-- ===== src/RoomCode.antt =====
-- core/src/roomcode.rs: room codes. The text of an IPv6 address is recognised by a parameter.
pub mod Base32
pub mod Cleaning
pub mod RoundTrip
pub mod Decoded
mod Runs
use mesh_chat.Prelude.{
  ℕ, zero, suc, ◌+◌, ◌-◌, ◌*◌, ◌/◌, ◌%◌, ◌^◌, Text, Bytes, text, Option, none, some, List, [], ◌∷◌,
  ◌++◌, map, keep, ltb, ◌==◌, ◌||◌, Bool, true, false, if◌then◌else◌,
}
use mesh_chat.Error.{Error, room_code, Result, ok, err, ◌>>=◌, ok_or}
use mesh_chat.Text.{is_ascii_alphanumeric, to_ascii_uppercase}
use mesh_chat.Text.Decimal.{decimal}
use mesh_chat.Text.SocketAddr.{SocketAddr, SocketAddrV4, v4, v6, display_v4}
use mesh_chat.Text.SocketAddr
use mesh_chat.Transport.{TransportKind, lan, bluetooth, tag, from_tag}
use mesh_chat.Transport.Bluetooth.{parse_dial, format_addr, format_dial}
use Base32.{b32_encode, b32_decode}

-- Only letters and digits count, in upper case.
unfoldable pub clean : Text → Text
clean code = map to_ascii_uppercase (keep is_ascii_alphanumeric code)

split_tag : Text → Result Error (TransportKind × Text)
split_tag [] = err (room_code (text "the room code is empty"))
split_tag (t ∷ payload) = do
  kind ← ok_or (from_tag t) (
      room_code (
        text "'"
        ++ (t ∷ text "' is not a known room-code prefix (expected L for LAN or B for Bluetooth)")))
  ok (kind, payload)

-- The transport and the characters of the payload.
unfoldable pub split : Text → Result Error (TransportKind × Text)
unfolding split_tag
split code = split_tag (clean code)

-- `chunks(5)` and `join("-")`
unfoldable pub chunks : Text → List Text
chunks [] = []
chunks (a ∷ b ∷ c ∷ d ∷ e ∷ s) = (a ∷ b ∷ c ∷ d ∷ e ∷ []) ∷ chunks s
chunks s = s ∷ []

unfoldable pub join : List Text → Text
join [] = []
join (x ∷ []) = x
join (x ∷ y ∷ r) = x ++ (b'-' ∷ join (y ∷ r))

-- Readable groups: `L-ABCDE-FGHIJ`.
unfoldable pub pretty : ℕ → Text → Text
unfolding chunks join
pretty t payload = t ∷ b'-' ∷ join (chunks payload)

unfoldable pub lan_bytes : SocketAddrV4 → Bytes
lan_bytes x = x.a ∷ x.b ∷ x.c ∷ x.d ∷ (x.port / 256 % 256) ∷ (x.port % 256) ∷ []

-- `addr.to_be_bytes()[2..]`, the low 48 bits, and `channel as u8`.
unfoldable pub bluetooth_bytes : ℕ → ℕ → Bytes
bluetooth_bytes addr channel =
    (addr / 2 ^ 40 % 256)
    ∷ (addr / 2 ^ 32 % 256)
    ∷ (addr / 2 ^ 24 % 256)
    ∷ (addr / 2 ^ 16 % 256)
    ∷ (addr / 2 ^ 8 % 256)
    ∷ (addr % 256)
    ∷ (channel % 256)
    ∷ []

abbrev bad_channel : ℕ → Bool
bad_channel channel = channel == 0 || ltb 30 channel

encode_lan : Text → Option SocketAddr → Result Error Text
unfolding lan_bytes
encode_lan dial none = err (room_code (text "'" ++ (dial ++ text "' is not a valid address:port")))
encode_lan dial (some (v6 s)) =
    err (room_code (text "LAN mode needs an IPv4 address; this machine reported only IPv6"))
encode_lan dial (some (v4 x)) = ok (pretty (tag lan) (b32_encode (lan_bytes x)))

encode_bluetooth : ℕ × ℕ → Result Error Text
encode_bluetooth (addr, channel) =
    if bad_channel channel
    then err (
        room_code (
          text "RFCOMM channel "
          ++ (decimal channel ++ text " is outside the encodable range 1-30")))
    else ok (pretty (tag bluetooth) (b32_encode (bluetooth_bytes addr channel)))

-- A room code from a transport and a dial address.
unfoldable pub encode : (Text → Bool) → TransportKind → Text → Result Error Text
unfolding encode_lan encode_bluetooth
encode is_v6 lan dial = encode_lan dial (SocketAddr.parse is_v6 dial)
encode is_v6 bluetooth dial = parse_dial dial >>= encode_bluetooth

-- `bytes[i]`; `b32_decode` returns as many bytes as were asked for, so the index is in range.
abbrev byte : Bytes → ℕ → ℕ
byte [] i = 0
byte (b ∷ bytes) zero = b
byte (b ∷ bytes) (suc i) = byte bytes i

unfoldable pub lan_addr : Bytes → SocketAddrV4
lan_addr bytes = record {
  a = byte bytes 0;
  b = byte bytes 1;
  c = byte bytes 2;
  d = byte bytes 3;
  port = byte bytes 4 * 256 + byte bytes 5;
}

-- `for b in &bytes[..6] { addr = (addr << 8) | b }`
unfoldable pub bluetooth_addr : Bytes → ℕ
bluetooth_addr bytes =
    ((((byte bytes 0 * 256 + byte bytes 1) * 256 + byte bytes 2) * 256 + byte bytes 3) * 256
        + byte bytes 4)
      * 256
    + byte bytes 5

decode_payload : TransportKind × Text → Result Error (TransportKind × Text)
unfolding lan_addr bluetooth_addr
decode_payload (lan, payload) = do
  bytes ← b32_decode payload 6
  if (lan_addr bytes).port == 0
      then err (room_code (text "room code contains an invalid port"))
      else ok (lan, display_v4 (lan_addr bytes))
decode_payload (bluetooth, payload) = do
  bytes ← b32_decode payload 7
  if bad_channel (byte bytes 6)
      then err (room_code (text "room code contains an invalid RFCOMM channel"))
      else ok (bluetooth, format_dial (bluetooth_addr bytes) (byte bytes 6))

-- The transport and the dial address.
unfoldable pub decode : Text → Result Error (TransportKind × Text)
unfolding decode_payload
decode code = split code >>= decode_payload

========================================================================

Task statement: The response must consist of the lines above, from the first one through the line containing "-- The transport and the characters", reproduced exactly.

Task response:
-- ===== src/RoomCode.antt =====
-- core/src/roomcode.rs: room codes. The text of an IPv6 address is recognised by a parameter.
pub mod Base32
pub mod Cleaning
pub mod RoundTrip
pub mod Decoded
mod Runs
use mesh_chat.Prelude.{
  ℕ, zero, suc, ◌+◌, ◌-◌, ◌*◌, ◌/◌, ◌%◌, ◌^◌, Text, Bytes, text, Option, none, some, List, [], ◌∷◌,
  ◌++◌, map, keep, ltb, ◌==◌, ◌||◌, Bool, true, false, if◌then◌else◌,
}
use mesh_chat.Error.{Error, room_code, Result, ok, err, ◌>>=◌, ok_or}
use mesh_chat.Text.{is_ascii_alphanumeric, to_ascii_uppercase}
use mesh_chat.Text.Decimal.{decimal}
use mesh_chat.Text.SocketAddr.{SocketAddr, SocketAddrV4, v4, v6, display_v4}
use mesh_chat.Text.SocketAddr
use mesh_chat.Transport.{TransportKind, lan, bluetooth, tag, from_tag}
use mesh_chat.Transport.Bluetooth.{parse_dial, format_addr, format_dial}
use Base32.{b32_encode, b32_decode}

-- Only letters and digits count, in upper case.
unfoldable pub clean : Text → Text
clean code = map to_ascii_uppercase (keep is_ascii_alphanumeric code)

split_tag : Text → Result Error (TransportKind × Text)
split_tag [] = err (room_code (text "the room code is empty"))
split_tag (t ∷ payload) = do
  kind ← ok_or (from_tag t) (
      room_code (
        text "'"
        ++ (t ∷ text "' is not a known room-code prefix (expected L for LAN or B for Bluetooth)")))
  ok (kind, payload)

-- The transport and the characters of the payload.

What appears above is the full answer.